===== Task material
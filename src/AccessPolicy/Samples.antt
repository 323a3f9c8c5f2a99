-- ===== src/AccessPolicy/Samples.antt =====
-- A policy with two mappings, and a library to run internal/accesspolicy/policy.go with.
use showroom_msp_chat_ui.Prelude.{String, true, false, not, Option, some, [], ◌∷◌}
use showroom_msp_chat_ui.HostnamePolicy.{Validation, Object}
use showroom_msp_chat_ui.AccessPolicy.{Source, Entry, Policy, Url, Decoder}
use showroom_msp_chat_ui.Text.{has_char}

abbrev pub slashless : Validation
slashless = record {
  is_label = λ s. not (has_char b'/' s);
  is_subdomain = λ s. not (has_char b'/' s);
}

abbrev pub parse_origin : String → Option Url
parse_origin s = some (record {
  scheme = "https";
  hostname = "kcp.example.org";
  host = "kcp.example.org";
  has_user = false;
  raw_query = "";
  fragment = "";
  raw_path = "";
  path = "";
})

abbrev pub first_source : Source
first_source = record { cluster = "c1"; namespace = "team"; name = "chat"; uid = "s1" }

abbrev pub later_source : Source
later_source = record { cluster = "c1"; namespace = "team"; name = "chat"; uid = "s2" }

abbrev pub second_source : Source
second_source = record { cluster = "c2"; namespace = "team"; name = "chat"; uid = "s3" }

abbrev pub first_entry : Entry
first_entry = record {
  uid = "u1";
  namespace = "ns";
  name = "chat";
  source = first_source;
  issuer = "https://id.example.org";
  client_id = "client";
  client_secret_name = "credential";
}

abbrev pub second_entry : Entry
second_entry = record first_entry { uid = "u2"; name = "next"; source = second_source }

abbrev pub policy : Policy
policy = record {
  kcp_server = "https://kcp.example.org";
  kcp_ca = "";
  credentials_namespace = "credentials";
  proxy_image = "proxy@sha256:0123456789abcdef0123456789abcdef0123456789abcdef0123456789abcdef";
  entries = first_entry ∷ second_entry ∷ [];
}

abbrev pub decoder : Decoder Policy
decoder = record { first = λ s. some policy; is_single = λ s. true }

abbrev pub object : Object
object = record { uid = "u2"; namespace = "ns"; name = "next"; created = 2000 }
==========
- [What is being asked]
The answer should consist only of the lines from the one with "second_source = record" to the final line of the records above, retyped word for word.

- [Written reply]
second_source = record { cluster = "c2"; namespace = "team"; name = "chat"; uid = "s3" }

abbrev pub first_entry : Entry
first_entry = record {
  uid = "u1";
  namespace = "ns";
  name = "chat";
  source = first_source;
  issuer = "https://id.example.org";
  client_id = "client";
  client_secret_name = "credential";
}

abbrev pub second_entry : Entry
second_entry = record first_entry { uid = "u2"; name = "next"; source = second_source }

abbrev pub policy : Policy
policy = record {
  kcp_server = "https://kcp.example.org";
  kcp_ca = "";
  credentials_namespace = "credentials";
  proxy_image = "proxy@sha256:0123456789abcdef0123456789abcdef0123456789abcdef0123456789abcdef";
  entries = first_entry ∷ second_entry ∷ [];
}

abbrev pub decoder : Decoder Policy
decoder = record { first = λ s. some policy; is_single = λ s. true }

abbrev pub object : Object
object = record { uid = "u2"; namespace = "ns"; name = "next"; created = 2000 }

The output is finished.